**WHAT THE TASK ASKS**
From the first record through the last, copy each one exactly.

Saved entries
—————

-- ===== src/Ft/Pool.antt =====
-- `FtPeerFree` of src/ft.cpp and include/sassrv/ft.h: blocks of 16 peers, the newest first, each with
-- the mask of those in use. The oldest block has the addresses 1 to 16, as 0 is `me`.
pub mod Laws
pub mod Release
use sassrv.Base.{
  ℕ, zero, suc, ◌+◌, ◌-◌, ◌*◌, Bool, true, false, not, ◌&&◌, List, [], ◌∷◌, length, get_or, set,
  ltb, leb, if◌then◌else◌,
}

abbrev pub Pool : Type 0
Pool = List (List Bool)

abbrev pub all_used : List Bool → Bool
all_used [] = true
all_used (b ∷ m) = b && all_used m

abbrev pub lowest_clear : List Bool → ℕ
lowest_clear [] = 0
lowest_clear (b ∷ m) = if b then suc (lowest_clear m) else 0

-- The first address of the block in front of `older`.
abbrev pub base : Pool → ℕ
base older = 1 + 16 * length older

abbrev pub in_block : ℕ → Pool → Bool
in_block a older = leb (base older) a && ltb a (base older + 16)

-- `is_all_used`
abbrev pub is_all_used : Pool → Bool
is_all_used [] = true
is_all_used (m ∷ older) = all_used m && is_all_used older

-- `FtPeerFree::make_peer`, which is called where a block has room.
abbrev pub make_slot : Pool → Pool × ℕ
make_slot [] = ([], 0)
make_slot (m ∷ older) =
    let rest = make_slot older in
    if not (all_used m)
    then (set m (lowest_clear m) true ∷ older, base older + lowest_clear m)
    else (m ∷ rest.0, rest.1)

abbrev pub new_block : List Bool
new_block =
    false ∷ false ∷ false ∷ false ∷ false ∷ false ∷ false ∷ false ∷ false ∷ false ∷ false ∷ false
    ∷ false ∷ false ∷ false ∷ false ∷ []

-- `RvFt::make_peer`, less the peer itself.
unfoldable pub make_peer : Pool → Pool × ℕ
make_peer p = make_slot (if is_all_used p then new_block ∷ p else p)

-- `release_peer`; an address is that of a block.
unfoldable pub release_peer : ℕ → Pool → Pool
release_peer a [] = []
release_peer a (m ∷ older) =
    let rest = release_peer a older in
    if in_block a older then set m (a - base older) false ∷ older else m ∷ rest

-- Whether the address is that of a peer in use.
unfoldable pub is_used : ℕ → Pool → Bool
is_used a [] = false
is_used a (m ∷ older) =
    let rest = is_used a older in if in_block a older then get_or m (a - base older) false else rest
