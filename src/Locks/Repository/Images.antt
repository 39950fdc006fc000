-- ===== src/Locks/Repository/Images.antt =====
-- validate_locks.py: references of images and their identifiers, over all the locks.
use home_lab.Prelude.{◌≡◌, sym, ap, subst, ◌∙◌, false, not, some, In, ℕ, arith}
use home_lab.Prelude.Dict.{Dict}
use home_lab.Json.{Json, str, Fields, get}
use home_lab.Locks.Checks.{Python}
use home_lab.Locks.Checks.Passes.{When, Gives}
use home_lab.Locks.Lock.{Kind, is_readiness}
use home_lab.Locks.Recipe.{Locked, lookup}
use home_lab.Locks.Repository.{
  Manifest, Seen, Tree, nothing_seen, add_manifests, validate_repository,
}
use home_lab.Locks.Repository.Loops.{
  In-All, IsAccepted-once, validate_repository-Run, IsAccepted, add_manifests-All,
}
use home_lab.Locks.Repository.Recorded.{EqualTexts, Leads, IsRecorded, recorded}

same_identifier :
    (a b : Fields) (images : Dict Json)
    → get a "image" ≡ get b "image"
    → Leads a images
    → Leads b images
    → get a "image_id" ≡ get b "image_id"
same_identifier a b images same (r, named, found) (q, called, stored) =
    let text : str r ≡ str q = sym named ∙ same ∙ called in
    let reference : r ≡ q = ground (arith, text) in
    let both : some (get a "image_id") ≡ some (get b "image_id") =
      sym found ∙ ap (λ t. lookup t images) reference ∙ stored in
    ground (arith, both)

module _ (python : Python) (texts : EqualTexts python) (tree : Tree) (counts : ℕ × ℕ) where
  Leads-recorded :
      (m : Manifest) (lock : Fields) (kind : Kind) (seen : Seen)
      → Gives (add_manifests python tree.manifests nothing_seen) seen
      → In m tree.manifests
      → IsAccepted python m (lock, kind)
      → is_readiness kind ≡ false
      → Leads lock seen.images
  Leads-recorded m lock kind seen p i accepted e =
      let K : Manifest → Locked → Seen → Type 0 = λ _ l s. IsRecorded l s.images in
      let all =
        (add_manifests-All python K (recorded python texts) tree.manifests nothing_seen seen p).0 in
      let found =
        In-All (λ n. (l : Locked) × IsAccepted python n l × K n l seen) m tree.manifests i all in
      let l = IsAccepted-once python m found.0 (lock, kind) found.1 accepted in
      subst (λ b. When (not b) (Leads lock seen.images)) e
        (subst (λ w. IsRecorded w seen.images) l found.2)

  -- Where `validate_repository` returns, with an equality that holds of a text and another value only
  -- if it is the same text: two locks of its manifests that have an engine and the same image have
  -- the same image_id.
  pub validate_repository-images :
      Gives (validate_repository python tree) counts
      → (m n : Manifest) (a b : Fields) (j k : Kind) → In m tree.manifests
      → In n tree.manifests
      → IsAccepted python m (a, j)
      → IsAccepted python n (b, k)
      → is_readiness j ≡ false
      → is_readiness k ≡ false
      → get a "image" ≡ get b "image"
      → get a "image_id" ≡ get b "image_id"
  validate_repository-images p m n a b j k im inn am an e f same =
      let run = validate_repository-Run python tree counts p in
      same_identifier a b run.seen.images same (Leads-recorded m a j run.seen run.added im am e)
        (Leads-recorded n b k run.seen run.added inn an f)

—————

**SOLUTION**
-- ===== src/Ft/Pool.antt =====
-- `FtPeerFree` of src/ft.cpp and include/sassrv/ft.h: blocks of 16 peers, the newest first, each with
-- the mask of those in use. The oldest block has the addresses 1 to 16, as 0 is `me`.
pub mod Laws
pub mod Release
use sassrv.Base.{
  ℕ, zero, suc, ◌+◌, ◌-◌, ◌*◌, Bool, true, false, not, ◌&&◌, List, [], ◌∷◌, length, get_or, set,
  ltb, leb, if◌then◌else◌,
}

abbrev pub Pool : Type 0
Pool = List (List Bool)

abbrev pub all_used : List Bool → Bool
all_used [] = true
all_used (b ∷ m) = b && all_used m

abbrev pub lowest_clear : List Bool → ℕ
lowest_clear [] = 0
lowest_clear (b ∷ m) = if b then suc (lowest_clear m) else 0

-- The first address of the block in front of `older`.
abbrev pub base : Pool → ℕ
base older = 1 + 16 * length older

abbrev pub in_block : ℕ → Pool → Bool
in_block a older = leb (base older) a && ltb a (base older + 16)

-- `is_all_used`
abbrev pub is_all_used : Pool → Bool
is_all_used [] = true
is_all_used (m ∷ older) = all_used m && is_all_used older

-- `FtPeerFree::make_peer`, which is called where a block has room.
abbrev pub make_slot : Pool → Pool × ℕ
make_slot [] = ([], 0)
make_slot (m ∷ older) =
    let rest = make_slot older in
    if not (all_used m)
    then (set m (lowest_clear m) true ∷ older, base older + lowest_clear m)
    else (m ∷ rest.0, rest.1)

abbrev pub new_block : List Bool
new_block =
    false ∷ false ∷ false ∷ false ∷ false ∷ false ∷ false ∷ false ∷ false ∷ false ∷ false ∷ false
    ∷ false ∷ false ∷ false ∷ false ∷ []

-- `RvFt::make_peer`, less the peer itself.
unfoldable pub make_peer : Pool → Pool × ℕ
make_peer p = make_slot (if is_all_used p then new_block ∷ p else p)

-- `release_peer`; an address is that of a block.
unfoldable pub release_peer : ℕ → Pool → Pool
release_peer a [] = []
release_peer a (m ∷ older) =
    let rest = release_peer a older in
    if in_block a older then set m (a - base older) false ∷ older else m ∷ rest

-- Whether the address is that of a peer in use.
unfoldable pub is_used : ℕ → Pool → Bool
is_used a [] = false
is_used a (m ∷ older) =
    let rest = is_used a older in if in_block a older then get_or m (a - base older) false else rest
filename src/Locks/Repository/Images.antt
repository 39950fdc006fc000
-- ===== src/Locks/Repository/Images.antt =====
-- validate_locks.py: references of images and their identifiers, over all the locks.
use home_lab.Prelude.{◌≡◌, sym, ap, subst, ◌∙◌, false, not, some, In, ℕ, arith}
use home_lab.Prelude.Dict.{Dict}
use home_lab.Json.{Json, str, Fields, get}
use home_lab.Locks.Checks.{Python}
use home_lab.Locks.Checks.Passes.{When, Gives}
use home_lab.Locks.Lock.{Kind, is_readiness}
use home_lab.Locks.Recipe.{Locked, lookup}
use home_lab.Locks.Repository.{
  Manifest, Seen, Tree, nothing_seen, add_manifests, validate_repository,
}
use home_lab.Locks.Repository.Loops.{
  In-All, IsAccepted-once, validate_repository-Run, IsAccepted, add_manifests-All,
}
use home_lab.Locks.Repository.Recorded.{EqualTexts, Leads, IsRecorded, recorded}

same_identifier :
    (a b : Fields) (images : Dict Json)
    → get a "image" ≡ get b "image"
    → Leads a images
    → Leads b images
    → get a "image_id" ≡ get b "image_id"
same_identifier a b images same (r, named, found) (q, called, stored) =
    let text : str r ≡ str q = sym named ∙ same ∙ called in
    let reference : r ≡ q = ground (arith, text) in
    let both : some (get a "image_id") ≡ some (get b "image_id") =
      sym found ∙ ap (λ t. lookup t images) reference ∙ stored in
    ground (arith, both)

module _ (python : Python) (texts : EqualTexts python) (tree : Tree) (counts : ℕ × ℕ) where
  Leads-recorded :
      (m : Manifest) (lock : Fields) (kind : Kind) (seen : Seen)
      → Gives (add_manifests python tree.manifests nothing_seen) seen
      → In m tree.manifests
      → IsAccepted python m (lock, kind)
      → is_readiness kind ≡ false
      → Leads lock seen.images
  Leads-recorded m lock kind seen p i accepted e =
      let K : Manifest → Locked → Seen → Type 0 = λ _ l s. IsRecorded l s.images in
      let all =
        (add_manifests-All python K (recorded python texts) tree.manifests nothing_seen seen p).0 in
      let found =
        In-All (λ n. (l : Locked) × IsAccepted python n l × K n l seen) m tree.manifests i all in
      let l = IsAccepted-once python m found.0 (lock, kind) found.1 accepted in
      subst (λ b. When (not b) (Leads lock seen.images)) e
        (subst (λ w. IsRecorded w seen.images) l found.2)

  -- Where `validate_repository` returns, with an equality that holds of a text and another value only
  -- if it is the same text: two locks of its manifests that have an engine and the same image have
  -- the same image_id.
  pub validate_repository-images :
      Gives (validate_repository python tree) counts
      → (m n : Manifest) (a b : Fields) (j k : Kind) → In m tree.manifests
      → In n tree.manifests
      → IsAccepted python m (a, j)
      → IsAccepted python n (b, k)
      → is_readiness j ≡ false
      → is_readiness k ≡ false
      → get a "image" ≡ get b "image"
      → get a "image_id" ≡ get b "image_id"
  validate_repository-images p m n a b j k im inn am an e f same =
      let run = validate_repository-Run python tree counts p in
      same_identifier a b run.seen.images same (Leads-recorded m a j run.seen run.added im am e)
        (Leads-recorded n b k run.seen run.added inn an f)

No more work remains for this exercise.